Leaders at six hospitals partnered to assess and compare the health outcomes and costs of pediatric aerodigestive care. Four of the hospitals delivered pediatric aerodigestive care with an IPU: Massachusetts Eye and Ear in Boston, Children’s Hospital Colorado in Aurora, Seattle Children’s Hospital, and the Children’s Hospital at Vanderbilt in Nashville, Tennessee; while two delivered care traditionally—Children’s Hospital of the King’s Daughters (CHKD) in Norfolk, Virginia, and the Hospital for Sick Children in Toronto—with isolated specialists.

The researchers selected swallowing disorders because they represented a large percentage of the children seen within each aerodigestive IPU, and had a clear one-year full cycle of care that included all procedures and tests, with objective and patient (caregiver) reported outcome measures. Their study included children aged 0-10 years old with swallowing difficulties. Each center developed process maps to get a sense of which providers would see a particular patient based on presentation.

Once the data and process maps were collected, Kaplan’s HBS team helped the clinicians conduct a time-driven activity-based costing (TDABC) analysis. TDABC estimates cost per minute for time and the quantity of resources used over each patient’s treatment cycle and cost of all resource inputs required, including the average time, the personnel type, and space and equipment required.

Benefits from multidisciplinary care may be applicable to other diseases

The researchers found that providing care for swallowing disorders in a pediatric IPU improves better post-operative swallowing outcomes, and also lowered costs by having a single nursing team support the multiple physicians in the IPU.

In the traditional, fragmented care model, the delayed diagnoses caused higher costs for families and to the health care system for multiple physician office visits, unexpected emergency room use that led to hospital admissions, and parent’s increased time off from work, travel and other care considerations.

The IPU enabled pediatric patients to get a single evaluation on the same day from multiple providers each using different diagnostic tests. If necessary based on the multidisciplinary evaluation, the procedures necessary for testing can all be done at the same time with only need for one dose of anesthesia.

Some have criticized the IPU model, believing it would reduce the number of patients that specialists can see in one day. This study found that by incorporating mid-level providers such as nurse practitioners, physician assistants and speech language pathologists into the treatment team, there was less than a 5 percent difference in the number of patients seen.

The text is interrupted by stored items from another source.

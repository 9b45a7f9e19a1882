-- ===== src/TreeBin/Unlink/Child.antt =====
-- A write of a child field, as the steps of `unlink_large_chunk` make it.
use dlmalloc_rs.Prelude.{ℕ, ◌≡◌, ◌≢◌, ◌⊎◌, inl, inr, refl, ◌==◌, Bool-cases, arith}
use dlmalloc_rs.State.{State, child, set_child}
use dlmalloc_rs.Head.{chunksize}
use dlmalloc_rs.TreeBin.Separate.{SameNode, SameAt}
use dlmalloc_rs.TreeBin.Insert.Ring.{OnlyLinks}
use dlmalloc_rs.TreeBin.Unlink.Replace.{Relinked}

module _ (p side q : ℕ) (s : State) where
  pub set_child-OnlyLinks : OnlyLinks s (set_child p side q s)
  set_child-OnlyLinks = elim (Bool-cases (side == 0)) [ inl e ↦ rw e refl | inr e ↦ rw e refl ]

  pub set_child-SameNode : (y : ℕ) → SameNode s (set_child p side q s) y
  unfolding chunksize
  set_child-SameNode y = elim (Bool-cases (side == 0)) [
    | inl e ↦ rw e (record { fd = refl; bk = refl; parent = refl; index = refl; size = refl })
    | inr e ↦ rw e (record { fd = refl; bk = refl; parent = refl; index = refl; size = refl })
  ]

  pub set_child-SameAt : (y : ℕ) → y ≢ p → SameAt s (set_child p side q s) y
  unfolding chunksize
  set_child-SameAt y ne = elim (Bool-cases (side == 0)) [
    | inl e ↦ rw e (record {
      node_same = record { fd = refl; bk = refl; parent = refl; index = refl; size = refl };
      child0 = ground (arith, ne);
      child1 = refl;
    })
    | inr e ↦ rw e (record {
      node_same = record { fd = refl; bk = refl; parent = refl; index = refl; size = refl };
      child0 = refl;
      child1 = ground (arith, ne);
    })
  ]

  pub set_child-Relinked :
      (x : ℕ)
      → child s p side ≡ x
      → (side ≡ 0) ⊎ (side ≡ 1)
      → Relinked s (set_child p side q s) p x q
  set_child-Relinked x link ways = elim (Bool-cases (side == 0)) [
    | inl e ↦ rw e (inl (ground (arith, link, e), ground arith, refl))
    | inr e ↦ rw e (inr (ground (arith, link, e), ground arith, refl))
  ]

-- An empty child stays empty when a child field is cleared.
pub cleared :
    (p side y : ℕ) (s : State)
    → s.heap.child0 y ≡ 0
    → s.heap.child1 y ≡ 0
    → ((set_child p side 0 s).heap.child0 y ≡ 0) × ((set_child p side 0 s).heap.child1 y ≡ 0)
cleared p side y s left right = elim (Bool-cases (side == 0)) [
  | inl e ↦ rw e (ground (arith, left), right)
  | inr e ↦ rw e (left, ground (arith, right))
]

The non IPU sites required separate nursing teams for each physician. This led the average total personnel costs of the non-IPU sites to be 28 percent higher than the average of the four IPU sites ($4,284 versus $3,347). And this understates the total increase in costs. The non-IPU sites impose much higher costs and risk on the child and parents when they require separate visits to each physician, with separate procedures performed, across many more days. The lead clinicians unanimously agreed that the nurse coordinator was most important to the success of the IPU.

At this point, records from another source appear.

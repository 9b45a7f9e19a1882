-- ===== src/TreeBin/Unlink/Detach.antt =====
-- `take_leaf`: a leaf below a node without a ring is cut off, to take the node's place.
use dlmalloc_rs.Prelude.{
  ℕ, zero, suc, ◌+◌, ◌%◌, ◌≡◌, ◌≢◌, ◌∙◌, ◌⊎◌, refl, ap, sym, subst, List, [], ◌∷◌, arith, All,
  All-of,
}
use dlmalloc_rs.State.{State, child, set_child}
use dlmalloc_rs.SmallBin.Ring.{Links}
use dlmalloc_rs.TreeBin.Trie.{
  Trie, leaf, node, Each, IsTrie, IsTrie-range, span, Represents, IsRingChunk,
}
use dlmalloc_rs.TreeBin.Separate.{
  Avoids, IsSeparate, SameAt, All-map, IsTreeChunk-frame, Links-frame,
}
use dlmalloc_rs.TreeBin.Insert.Ring.{IsReady, OnlyLinks}
use dlmalloc_rs.TreeBin.Insert.Down.{span_aligned}
use dlmalloc_rs.TreeBin.Unlink.{
  Without, Below, at_left, at_right, in_left, in_right, replace, Below-Each, Below-IsSeparate,
  Without-replace,
}
use dlmalloc_rs.TreeBin.Unlink.Replace.{Relinked, parent_in, Below-Represents, replace-Represents}
use dlmalloc_rs.TreeBin.Unlink.Leaf.{leaf-Without, leaf_size}
use dlmalloc_rs.TreeBin.Unlink.Child.{
  set_child-OnlyLinks, set_child-SameNode, set_child-SameAt, set_child-Relinked, cleared,
}

-- The chunk `b` has been taken out of the ring or the subtrees of the node `x`, with the ring that is
-- to be its own, and can take the place of `x`, whose fields lead to the subtrees without it.
pub record Detached (s t : State) (i x n b : ℕ) (ring : List ℕ) (l r : Trie) : Type 1 where
  pub size : ℕ
  pub own : List ℕ
  pub left : Trie
  pub right : Trie
  pub only : OnlyLinks s t
  pub left_shape : Represents t i x (t.heap.child0 x) left
  pub right_shape : Represents t i x (t.heap.child1 x) right
  pub ready : IsReady t i size b
  pub links : Links t.heap.fd t.heap.bk b own b
  pub own_chunks : All (IsRingChunk t i size) own
  pub index : t.heap.index x ≡ s.heap.index x
  pub others : (y : ℕ) → Avoids y (node x n ring l r) → SameAt s t y
  pub without : Without (x ∷ []) (node x n ring l r) (node b size own left right)

-- Sizes in a trie are multiples of 16.
IsTrie-aligned : (w lo : ℕ) (t : Trie) → lo % 16 ≡ 0 → IsTrie w lo t → Each (λ a n. n % 16 ≡ 0) t
IsTrie-aligned zero lo leaf al h = tt
IsTrie-aligned (suc w) lo leaf al h = tt
IsTrie-aligned zero lo (node a n ring l r) al h =
    let aligned = λ (b k : ℕ). k % 16 ≡ 0 in
    (omega (arith, h.0, al), subst (Each aligned) (sym h.1) tt, subst (Each aligned) (sym h.2) tt)
IsTrie-aligned (suc w) lo (node a n ring l r) al h = (
  h.2,
  IsTrie-aligned w lo l al h.3,
  IsTrie-aligned w (lo + span w) r (omega (arith, al, span_aligned w)) h.4,
)

-- A node without subtrees has no leaf below it.
no_leaf :
    (b k : ℕ) (own : List ℕ) (x n : ℕ) (l r : Trie)
    → l ≡ leaf
    → r ≡ leaf
    → Below (node b k own leaf leaf) (node x n [] l r)
    → ⊥
no_leaf b k own x n l r el er at_left = cc
no_leaf b k own x n l r el er at_right = cc
no_leaf b k own x n l r el er (in_left place) =
    (Below-Each (λ a j. ⊥) (node b k own leaf leaf) place (subst (Each (λ a j. ⊥)) (sym el) tt)).0
no_leaf b k own x n l r el er (in_right place) =
    (Below-Each (λ a j. ⊥) (node b k own leaf leaf) place (subst (Each (λ a j. ⊥)) (sym er) tt)).0

module _ (x n b k : ℕ) (own : List ℕ) (l r l' r' : Trie)
    (place : Below (node b k own leaf leaf) (node x n [] l r))
    (cut : replace place leaf ≡ node x n [] l' r') where
  cut-Without : Without (b ∷ own) (node x n [] l r) (node x n [] l' r')
  cut-Without =
      subst (Without (b ∷ own) (node x n [] l r)) cut
        (Without-replace b own (node b k own leaf leaf) leaf place (leaf-Without b k own))

  -- The leaf fits in the place of `x`.
  promoted-IsTrie :
      (w lo : ℕ) → lo % 16 ≡ 0 → IsTrie w lo (node x n [] l r) → IsTrie w lo (node b k own l' r')
  promoted-IsTrie zero lo al h = absurd (no_leaf b k own x n l r h.1 h.2 place)
  promoted-IsTrie (suc w) lo al h =
      let u = node b k own leaf leaf in
      let range = (Below-Each _ u place (IsTrie-range (suc w) lo (node x n [] l r) h)).0 in
      let aligned = (Below-Each _ u place (IsTrie-aligned (suc w) lo (node x n [] l r) al h)).0 in
      let rest = cut-Without.ordered (suc w) lo al h in
      let sizes = subst (Each (λ a j. j ≢ k)) cut (leaf_size (suc w) lo b k own place h) in
      (range.0, range.1, aligned, rest.3, rest.4, sizes.1, sizes.2)

  promoted-IsSeparate :
      IsSeparate (node x n [] l r)
      → IsSeparate (node b k own l' r') × All (λ y. Avoids y (node b k own l' r')) (x ∷ [])
  promoted-IsSeparate d =
      let rest = cut-Without.separate d in
      let own_apart = Below-IsSeparate (node b k own leaf leaf) place d in
      (
        (
          own_apart.0,
          (rest.1.0.2, rest.1.0.3),
          All-map _ _ own (λ y q. (q.2, q.3)) rest.1.1,
          rest.0.3,
          rest.0.4,
          rest.0.5,
        ),
        (
          (
            (λ e. rest.1.0.0 (sym e)),
            All-map _ _ own (λ y q e. q.0 (sym e)) rest.1.1,
            rest.0.1.0,
            rest.0.1.1,
          ),
          tt,
        ),
      )

  promoted-Without : Without (x ∷ []) (node x n [] l r) (node b k own l' r')
  promoted-Without = record {
    member = λ P h. (h.0, tt);
    every = λ P h.
        let rest = cut-Without.every P h in
        let gone = cut-Without.member P h in (gone.0, gone.1, rest.2, rest.3);
    back = λ P f h. cut-Without.back P (h.0, h.1) (f.0, tt, h.2, h.3);
    sizes = λ P h.
        let rest = cut-Without.sizes P h in
        ((Below-Each (λ a j. P j) (node b k own leaf leaf) place h).0, rest.1, rest.2);
    separate = promoted-IsSeparate;
    ordered = promoted-IsTrie;
  }

  module _ (s : State) (i up above way : ℕ) (m : Represents s i up x (node x n [] l r))
      (d : IsSeparate (node x n [] l r)) (parent : s.heap.parent b ≡ above)
      (link : child s above way ≡ b) (ways : (way ≡ 0) ⊎ (way ≡ 1)) where
    cut-Represents : Represents (set_child above way 0 s) i up x (node x n [] l' r')
    cut-Represents =
        let t = set_child above way 0 s in
        subst (Represents t i up x) cut (
          replace-Represents s i b k own leaf leaf t leaf 0
            (ap (λ (z : State). z.m.least_addr) (set_child-OnlyLinks above way 0 s))
            (λ y off ne. set_child-SameAt above way 0 s y (λ e. ne (e ∙ sym parent)))
            (set_child-SameNode above way 0 s (s.heap.parent b))
            (subst (λ p. Relinked s t p b 0) (sym parent)
              (set_child-Relinked above way 0 s b link ways))
            refl up x place m d)

    pub cut-Detached : Detached s (set_child above way 0 s) i x n b [] l r
    cut-Detached =
        let t = set_child above way 0 s in
        let low = ap (λ (z : State). z.m.least_addr) (set_child-OnlyLinks above way 0 s) in
        let shape = cut-Represents in
        let old = Below-Represents s i b k own leaf leaf up x place m in
        let same = set_child-SameNode above way 0 s in
        let at_b = IsTreeChunk-frame s t i (s.heap.parent b) k b low (same b) old.1 in
        let empty = cleared above way b s old.4 old.5 in
        record {
          size = k;
          own = own;
          left = l';
          right = r';
          only = set_child-OnlyLinks above way 0 s;
          left_shape = shape.4;
          right_shape = shape.5;
          ready = record {
            nonnull = at_b.nonnull;
            low = at_b.low;
            size = at_b.size;
            index = at_b.index;
            no_left = empty.0;
            no_right = empty.1;
          };
          links = Links-frame s t b own (same b, All-of _ own same) old.2;
          own_chunks =
              All-map _ _ own
                (λ y h.
                  let kept = cleared above way y s h.no_left h.no_right in
                  record {
                    chunk = IsTreeChunk-frame s t i 0 k y low (same y) h.chunk;
                    no_left = kept.0;
                    no_right = kept.1;
                  })
                old.3;
          index = (same x).index;
          others = λ y off.
              set_child-SameAt above way 0 s y (λ e.
                parent_in s i b k own leaf leaf (λ z. y ≢ z) up x place m off (e ∙ sym parent));
          without = promoted-Without;
        }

The study enabled each hospitals to see the process maps of the others, and to implement changes that would improve future efficiencies. For example, based on a different skill mix used at one IPU site, the others saw how to reduce nursing costs by task downshifting from a nurse to a medical assistant to room patients, and adding a patient care coordinator to increase efficiency, reduce extra testing, and improve the family’s experience with the IPU.

The research had prompted the two hospitals used as controls to switch to implement their own IPU programs, and future studies will track these institutions’ changes in outcomes and costs. A similar IPU model has been employed at Mass. Eye and Ear in some programs, and may be applicable to other areas of medicine as well.